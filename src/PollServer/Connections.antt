-- ===== src/PollServer/Connections.antt =====
-- The connections of socket/poll/poll.cpp without the order of its array: a removal fills the slot
-- from the end.
use mathlib.Core.Quot
use codespaces_blank.Prelude.{
  ℕ, zero, suc, ◌+◌, ◌≤◌, ◌<◌, ◌≡◌, refl, true, ◌⊎◌, sym, subst, ap, ◌∙◌, List, [], ◌∷◌, ◌++◌,
  append-nil, Option, none, some, arith, length, get_or, total, total-append, Bag, of_list, put,
  is_number, Bool-cases, inl, inr, ltb,
}
use codespaces_blank.PollServer.{
  PollFd, unset, Call, Server, Answer, SendResult, ok, reset, failed, stray_write, accepted, closed,
  sent, drop_connection, add_connection, read_from, write_to, round, accept_round, read_round,
  write_round,
}
use codespaces_blank.PollServer.Ends.{sum}
use codespaces_blank.PollServer.Balance.{
  held, is_for, closes, accepts, drop-IsBalanced, add-IsBalanced, read-IsBalanced, write-IsBalanced,
}
use codespaces_blank.PollServer.Rounds.{strays, round-cases}

-- The descriptors of the `k` slots from `i`.
abbrev pub descriptors : List PollFd → (i k : ℕ) → List ℕ
descriptors l i zero = []
descriptors l i (suc k) = (get_or l i unset).fd ∷ descriptors l (i + 1) k

abbrev pub connections : Server → Bag
connections s = of_list (descriptors s.fds 0 s.used)

total-descriptors :
    (x : ℕ) (l : List PollFd) (i k : ℕ)
    → total (is_number x) (descriptors l i k) ≡ sum (is_for x) l i k
total-descriptors x l i zero = refl
total-descriptors x l i (suc k) = omega (arith, total-descriptors x l (i + 1) k)

held-number : (x : ℕ) (s : Server) → total (is_number x) (descriptors s.fds 0 s.used) ≡ held x s
held-number x s = total-descriptors x s.fds 0 s.used

-- The same descriptors, as often.
same-connections : (s t : Server) → ((x : ℕ) → held x t ≡ held x s) → connections s ≡ connections t
same-connections s t h = Quot.sound (λ x. held-number x s ∙ sym (h x) ∙ sym (held-number x t))

one-more :
    (n : ℕ) (s t : Server)
    → ((x : ℕ) → held x t ≡ is_number x n + held x s)
    → put n (connections s) ≡ connections t
unfolding put
one-more n s t h = Quot.sound (λ x. omega (arith, held-number x s, h x, held-number x t))

-- What a server without an array does to its connections, with the calls that it makes: it opens
-- one, closes one of them, sends to one of them, or does nothing.
pub data Serves (b : Bag) : List Call → Bag → Type 0 where
  opens : (fd : ℕ) → Serves b (accepted fd ∷ []) (put fd b)
  shuts : (fd : ℕ) (c : Bag) → b ≡ put fd c → Serves b (closed fd ∷ []) c
  replies : (fd : ℕ) (bytes : List ℕ) (c : Bag) → b ≡ put fd c → Serves b (sent fd bytes ∷ []) b
  rests : Serves b [] b

-- The calls that are new in the log of `t`.
abbrev pub ServesAs : Server → Server → Type 0
ServesAs s t =
    (calls : List Call) × (t.log ≡ s.log ++ calls) × Serves (connections s) calls (connections t)

no_call : (s t : Server) → t.log ≡ s.log → connections s ≡ connections t → ServesAs s t
no_call s t l e = ([], l ∙ sym (append-nil s.log), subst (Serves (connections s) []) e rests)

module _ (s : Server) (room : s.used ≤ length s.fds) where
  -- The descriptor of a slot, taken out.
  taken_out :
      (i : ℕ)
      → i < s.used
      → connections s ≡ put (get_or s.fds i unset).fd (connections (drop_connection i s))
  unfolding drop_connection
  taken_out i h =
      let fd = (get_or s.fds i unset).fd in
      sym (
        one-more fd (drop_connection i s) s (λ x. omega (
          arith,
          drop-IsBalanced x s room i h,
          total-append (closes x) s.log (closed fd ∷ []),
          total-append (accepts x) s.log (closed fd ∷ []),
        )))

  drop-step : (i : ℕ) → i < s.used → ServesAs s (drop_connection i s)
  unfolding drop_connection
  drop-step i h =
      let fd = (get_or s.fds i unset).fd in
      (closed fd ∷ [], refl, shuts fd (connections (drop_connection i s)) (taken_out i h))

  add-step : (conn : ℕ) → s.used < length s.fds → ServesAs s (add_connection conn s)
  unfolding add_connection
  add-step conn free =
      let fits : ltb s.used (length s.fds) ≡ true = ground arith in
      let grown : (add_connection conn s).log ≡ s.log ++ (accepted conn ∷ []) = rw fits refl in
      (
        accepted conn ∷ [],
        grown,
        subst (Serves (connections s) (accepted conn ∷ []))
            (one-more conn s (add_connection conn s) (λ x. omega (
              arith,
              add-IsBalanced x s room conn free,
              ap (total (closes x)) grown ∙ total-append (closes x) s.log (accepted conn ∷ []),
              ap (total (accepts x)) grown ∙ total-append (accepts x) s.log (accepted conn ∷ []),
            )))
            (opens conn),
      )

  read-step : (i : ℕ) (bytes : List ℕ) → i < s.used → ServesAs s (read_from i bytes s)
  unfolding read_from
  read-step i [] h = no_call s s refl refl
  read-step i (b ∷ bs) h = no_call s (read_from i (b ∷ bs) s) refl (
      same-connections s (read_from i (b ∷ bs) s)
        (λ x. omega (arith, read-IsBalanced x s room i (b ∷ bs) h)))

  write-step : (i : ℕ) → i < s.used → ServesAs s (write_to i s)
  unfolding write_to
  write-step i h =
      let e = get_or s.fds i unset in
      let l = sent e.fd (s.mapdata e.fd) in
      (
        l ∷ [],
        refl,
        subst (Serves (connections s) (l ∷ []))
            (same-connections s (write_to i s) (λ x. omega (
              arith,
              write-IsBalanced x s room i h,
              total-append (closes x) s.log (l ∷ []),
              total-append (accepts x) s.log (l ∷ []),
            )))
            (replies e.fd (s.mapdata e.fd) (connections (drop_connection i s)) (taken_out i h)),
      )

-- Whether a call fails for which the program exits.
abbrev pub IsFailed : Answer → Type 0
IsFailed a = (a.accept ≡ none) ⊎ ((a.recv ≡ none) ⊎ (a.send ≡ failed))

-- What a round may do: it exits after a call that failed, or serves, or stores behind the end of an
-- array that is full.
abbrev pub Refines : Answer → Server → Option (ℕ × Server) → Type 0
Refines a s none = IsFailed a
Refines a s (some r) =
    ServesAs s r.1 ⊎ ((s.used ≡ length s.fds) × (total strays s.log < total strays r.1.log))

add-Refines :
    (a : Answer) (conn i : ℕ) (s : Server)
    → s.used ≤ length s.fds
    → Refines a s (accept_round i s (some conn))
unfolding add_connection
add-Refines a conn i s room = elim (Bool-cases (ltb s.used (length s.fds))) [
  | inl fits ↦ inl (add-step s room conn (ground arith))
  | inr full ↦
      let all_used : s.used ≡ length s.fds = ground arith in
      inr (
        all_used,
        rw full
            (omega (arith, total-append strays s.log (accepted conn ∷ stray_write s.used ∷ []))),
      )
]

-- The connections as a collection without an order: a round for a slot in use, in an array that
-- holds all that is counted, exits, where a call has failed; or stores behind the end of the array,
-- where that is full; or does what a server does that has the collection only, with the calls that it
-- adds to its log: it accepts a connection and puts it in, closes one that was in and takes it out,
-- sends bytes to one that is in, or does nothing.
pub round-Refines :
    (listenfd : ℕ) (a : Answer) (i : ℕ) (s : Server)
    → i < s.used
    → s.used ≤ length s.fds
    → Refines a s (round listenfd a i s)
round-Refines listenfd a i s h room =
    round-cases (Refines a s) listenfd a i s (inl (drop-step s room i h)) (adds a.accept refl)
      (reads a.recv refl) (writes a.send refl) (inl (no_call s s refl refl))
  where
    adds : (r : Option ℕ) → a.accept ≡ r → Refines a s (accept_round i s r)
    adds none e = inl e
    adds (some conn) e = add-Refines a conn i s room

    reads : (r : Option (List ℕ)) → a.recv ≡ r → Refines a s (read_round i s r)
    reads none e = inr (inl e)
    reads (some bytes) e = inl (read-step s room i bytes h)

    writes : (r : SendResult) → a.send ≡ r → Refines a s (write_round i s r)
    writes ok e = inl (write-step s room i h)
    writes reset e = inl (no_call s s refl refl)
    writes failed e = inr (inr e)
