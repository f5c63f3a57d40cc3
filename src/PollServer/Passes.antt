-- ===== src/PollServer/Passes.antt =====
-- What a pass over the descriptors of socket/poll/poll.cpp does to the connections.
use codespaces_blank.Prelude.{
  ℕ, zero, suc, ◌+◌, ◌≤◌, ◌<◌, ◌≡◌, ◌⊎◌, refl, subst, arith, some, none, Option, inl, inr,
  Bool-cases, ltb, length, total,
}
use codespaces_blank.PollServer.{Server, Answer, round, Passed, exited, out_of_fuel, done, pass}
use codespaces_blank.PollServer.Balance.{held, closes, accepts}
use codespaces_blank.PollServer.Rounds.{strays, IsKept, Keeps, Grows, round-Keeps, round-Grows}

-- What a pass has done when it ends.
abbrev pub PassKeeps : ℕ → Server → Passed → Type 0
PassKeeps x s exited = Unit
PassKeeps x s out_of_fuel = Unit
PassKeeps x s (done t) = IsKept x s t ⊎ (total strays s.log < total strays t.log)

abbrev pub PassGrows : Server → Passed → Type 0
PassGrows s exited = Unit
PassGrows s out_of_fuel = Unit
PassGrows s (done t) = total strays s.log ≤ total strays t.log

pub grows-then :
    (s r : Server) (p : Passed)
    → total strays s.log ≤ total strays r.log
    → PassGrows r p
    → PassGrows s p
grows-then s r exited h g = tt
grows-then s r out_of_fuel h g = tt
grows-then s r (done t) h g = omega arith

pub kept-then :
    (x : ℕ) (s r : Server) (p : Passed) → IsKept x s r → PassKeeps x r p → PassKeeps x s p
kept-then x s r exited k g = tt
kept-then x s r out_of_fuel k g = tt
kept-then x s r (done t) k (inl g) = inl (omega (arith, k, g), g.1, omega (arith, k, g))
kept-then x s r (done t) k (inr g) = inr (omega (arith, k))

pub stray-then :
    (x : ℕ) (s r : Server) (p : Passed)
    → total strays s.log < total strays r.log
    → PassGrows r p
    → PassKeeps x s p
stray-then x s r exited h g = tt
stray-then x s r out_of_fuel h g = tt
stray-then x s r (done t) h g = inr (omega arith)

module _ (listenfd : ℕ) (a : ℕ → Answer) where
  pub pass-Grows : (n i : ℕ) (s : Server) → PassGrows s (pass n listenfd a i s)
  unfolding pass
  pass-Grows zero i s = tt
  pass-Grows (suc n) i s = elim (Bool-cases (ltb i s.used)) [
    | inr over ↦ rw over (omega arith)
    | inl more ↦
        rw more (
          goes (λ j t. pass-Grows n j t) (round listenfd (a n) i s)
            (round-Grows listenfd (a n) i s))
  ]
    where
      goes :
          ((j : ℕ) (t : Server) → PassGrows t (pass n listenfd a j t))
          → (r : Option (ℕ × Server)) → Grows s r
          → PassGrows s (elim r [ none ↦ exited | some t ↦ pass n listenfd a t.0 t.1 ])
      goes rest none g = tt
      goes rest (some t) g = grows-then s t.1 (pass n listenfd a t.0 t.1) g (rest t.0 t.1)

  pub pass-Keeps :
      (x n i : ℕ) (s : Server) → s.used ≤ length s.fds → PassKeeps x s (pass n listenfd a i s)
  unfolding pass
  pass-Keeps x zero i s room = tt
  pass-Keeps x (suc n) i s room = elim (Bool-cases (ltb i s.used)) [
    | inr over ↦ rw over (inl (refl, room, refl))
    | inl more ↦
        let below : i < s.used = ground arith in
        rw more (
          goes (λ j t. pass-Keeps x n j t) (round listenfd (a n) i s)
            (round-Keeps x listenfd (a n) i s below room))
  ]
    where
      goes :
          ((j : ℕ) (t : Server) → t.used ≤ length t.fds → PassKeeps x t (pass n listenfd a j t))
          → (r : Option (ℕ × Server)) → Keeps x s r
          → PassKeeps x s (elim r [ none ↦ exited | some t ↦ pass n listenfd a t.0 t.1 ])
      goes rest none k = tt
      goes rest (some t) (inl k) =
          kept-then x s t.1 (pass n listenfd a t.0 t.1) k (rest t.0 t.1 k.1)
      goes rest (some t) (inr k) =
          stray-then x s t.1 (pass n listenfd a t.0 t.1) k (pass-Grows n t.0 t.1)

-- A pass over the descriptors that ends without a store behind the array keeps every connection:
-- how often a descriptor is among those in use grows by how often it was accepted in the pass and
-- shrinks by how often it was closed, in whatever order slots are filled up; and the array holds
-- all that is counted, if it did before.
pub pass_keeps_connections :
    (x n listenfd : ℕ) (a : ℕ → Answer) (s t : Server)
    → s.used ≤ length s.fds
    → pass n listenfd a 0 s ≡ done t
    → total strays t.log ≡ total strays s.log
    → (held x t + total (closes x) t.log + total (accepts x) s.log
        ≡ held x s + total (closes x) s.log + total (accepts x) t.log)
      × (t.used ≤ length t.fds)
pass_keeps_connections x n listenfd a s t room e none_stray =
    elim (subst (PassKeeps x s) e (pass-Keeps listenfd a x n 0 s room)) [
      | inl k ↦ (k.0, k.1)
      | inr k ↦ absurd (omega arith)
    ]
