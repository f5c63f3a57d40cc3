-- ===== src/PollServer/Runs.antt =====
-- The connections of socket/poll/poll.cpp over any number of calls of `poll`.
use codespaces_blank.Prelude.{
  ℕ, zero, suc, ◌+◌, ◌*◌, ◌≤◌, ◌≡◌, ◌≢◌, refl, ap, subst, List, [], ◌∷◌, arith, inl, inr,
  if◌then◌else◌, ◌==◌, length, length-set, get_or, set, total,
}
use codespaces_blank.PollServer.{
  Mask, unset, Server, initial_server, Passed, exited, out_of_fuel, done, pass, polled, Turn, serve,
}
use codespaces_blank.PollServer.Ends.{pass_ends}
use codespaces_blank.PollServer.Balance.{sum-set, is_for, held, closes, accepts}
use codespaces_blank.PollServer.Rounds.{strays, IsKept}
use codespaces_blank.PollServer.Passes.{
  PassKeeps, PassGrows, grows-then, kept-then, stray-then, pass-Grows, pass-Keeps,
}

-- `poll` changes neither the descriptors nor the log.
polled-IsKept :
    (x : ℕ) (m : ℕ → Mask) (n : ℕ) (s : Server)
    → n ≤ s.used
    → s.used ≤ length s.fds
    → IsKept x s (polled m n s)
unfolding polled
polled-IsKept x m zero s h room = (refl, room, refl)
polled-IsKept x m (suc n) s h room =
    let e = get_or s.fds n unset in
    let v = record e { revents = m n } in
    let size = length-set s.fds n v in
    let (b, r, q) =
      polled-IsKept x m n (record s { fds = set s.fds n v }) (omega arith) (omega (arith, size)) in
    (
      omega (
        arith,
        b,
        sum-set (is_for x) s.fds n v 0 s.used (omega arith) (omega arith) (omega arith),
      ),
      r,
      q,
    )

polled-log : (m : ℕ → Mask) (n : ℕ) (s : Server) → (polled m n s).log ≡ s.log
unfolding polled
polled-log m zero s = refl
polled-log m (suc n) s =
    polled-log m n
      (record s { fds = set s.fds n (record (get_or s.fds n unset) { revents = m n }) })

polled-used : (m : ℕ → Mask) (n : ℕ) (s : Server) → (polled m n s).used ≡ s.used
unfolding polled
polled-used m zero s = refl
polled-used m (suc n) s =
    polled-used m n
      (record s { fds = set s.fds n (record (get_or s.fds n unset) { revents = m n }) })

module _ (listenfd : ℕ) where
  serve-Grows : (turns : List Turn) (s : Server) → PassGrows s (serve listenfd turns s)
  unfolding serve
  serve-Grows [] s = omega arith
  serve-Grows (c ∷ turns) s =
      let u = polled c.found s.used s in
      then_ (serve-Grows turns) u (ap (total strays) (polled-log c.found s.used s))
        (pass (2 * s.used + 1) listenfd c.answers 0 u)
        (pass-Grows listenfd c.answers (2 * s.used + 1) 0 u)
    where
      then_ :
          ((t : Server) → PassGrows t (serve listenfd turns t))
          → (u : Server) → total strays u.log ≡ total strays s.log
          → (p : Passed) → PassGrows u p
          → PassGrows s (elim p [
            | exited ↦ exited
            | out_of_fuel ↦ out_of_fuel
            | done t ↦ serve listenfd turns t
          ])
      then_ rest u e exited g = tt
      then_ rest u e out_of_fuel g = tt
      then_ rest u e (done t) g =
          grows-then s t (serve listenfd turns t) (omega (arith, e, g)) (rest t)

  serve-Keeps :
      (x : ℕ) (turns : List Turn) (s : Server)
      → s.used ≤ length s.fds
      → PassKeeps x s (serve listenfd turns s)
  unfolding serve
  serve-Keeps x [] s room = inl (refl, room, refl)
  serve-Keeps x (c ∷ turns) s room =
      let u = polled c.found s.used s in
      let kept = polled-IsKept x c.found s.used s (omega arith) room in
      then_ (serve-Keeps x turns) u kept (pass (2 * s.used + 1) listenfd c.answers 0 u)
        (pass-Keeps listenfd c.answers x (2 * s.used + 1) 0 u kept.1)
    where
      then_ :
          ((t : Server) → t.used ≤ length t.fds → PassKeeps x t (serve listenfd turns t))
          → (u : Server) → IsKept x s u
          → (p : Passed) → PassKeeps x u p
          → PassKeeps x s (elim p [
            | exited ↦ exited
            | out_of_fuel ↦ out_of_fuel
            | done t ↦ serve listenfd turns t
          ])
      then_ rest u e exited g = tt
      then_ rest u e out_of_fuel g = tt
      then_ rest u e (done t) (inl g) =
          kept-then x s u (serve listenfd turns t) e
            (kept-then x u t (serve listenfd turns t) g (rest t g.1))
      then_ rest u e (done t) (inr g) =
          stray-then x s t (serve listenfd turns t) (omega (arith, e, g)) (serve-Grows turns t)

  serve-ends : (turns : List Turn) (s : Server) → serve listenfd turns s ≢ out_of_fuel
  unfolding serve
  serve-ends [] s = λ e. cc
  serve-ends (c ∷ turns) s =
      let u = polled c.found s.used s in
      then_ (serve-ends turns) (pass (2 * s.used + 1) listenfd c.answers 0 u) (
        pass_ends (2 * s.used + 1) listenfd c.answers u
          (omega (arith, polled-used c.found s.used s)))
    where
      then_ :
          ((t : Server) → serve listenfd turns t ≢ out_of_fuel)
          → (p : Passed) → p ≢ out_of_fuel
          → (elim p [
            | exited ↦ exited
            | out_of_fuel ↦ out_of_fuel
            | done t ↦ serve listenfd turns t
          ])
            ≢ out_of_fuel
      then_ rest exited ne = ne
      then_ rest out_of_fuel ne = ne
      then_ rest (done t) ne = rest t

held-initial_server :
    (x listenfd : ℕ) → held x (initial_server listenfd) ≡ (if listenfd == x then 1 else 0)
held-initial_server x listenfd = omega arith

-- From the start of `main`, over any number of calls of `poll`, whatever it finds and whatever the
-- other system calls answer: as long as the program has not exited and nothing was stored behind
-- the array, each descriptor is among those in use as often as it was accepted and not closed, and
-- the listening socket once more; and the array holds all that is counted.
pub connections_balance :
    (x listenfd : ℕ) (turns : List Turn) (t : Server)
    → serve listenfd turns (initial_server listenfd) ≡ done t
    → total strays t.log ≡ 0
    → (held x t + total (closes x) t.log
        ≡ (if listenfd == x then 1 else 0) + total (accepts x) t.log)
      × (t.used ≤ length t.fds)
connections_balance x listenfd turns t e none_stray =
    elim (subst (PassKeeps x (initial_server listenfd)) e
      (serve-Keeps listenfd x turns (initial_server listenfd) (omega arith))) [
        | inl k ↦ (omega (arith, k.0, held-initial_server x listenfd), k.1)
        | inr k ↦ absurd (omega arith)
      ]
—————
#### DIRECTIONS
Output the lines of the records above exactly as they appear, from the line containing "held-initial_server x listenfd = omega arith" through the line containing "strays t.log ≡ 0".

#### EXERCISE RESPONSE
held-initial_server x listenfd = omega arith

-- From the start of `main`, over any number of calls of `poll`, whatever it finds and whatever the
-- other system calls answer: as long as the program has not exited and nothing was stored behind
-- the array, each descriptor is among those in use as often as it was accepted and not closed, and
-- the listening socket once more; and the array holds all that is counted.
pub connections_balance :
    (x listenfd : ℕ) (turns : List Turn) (t : Server)
    → serve listenfd turns (initial_server listenfd) ≡ done t
    → total strays t.log ≡ 0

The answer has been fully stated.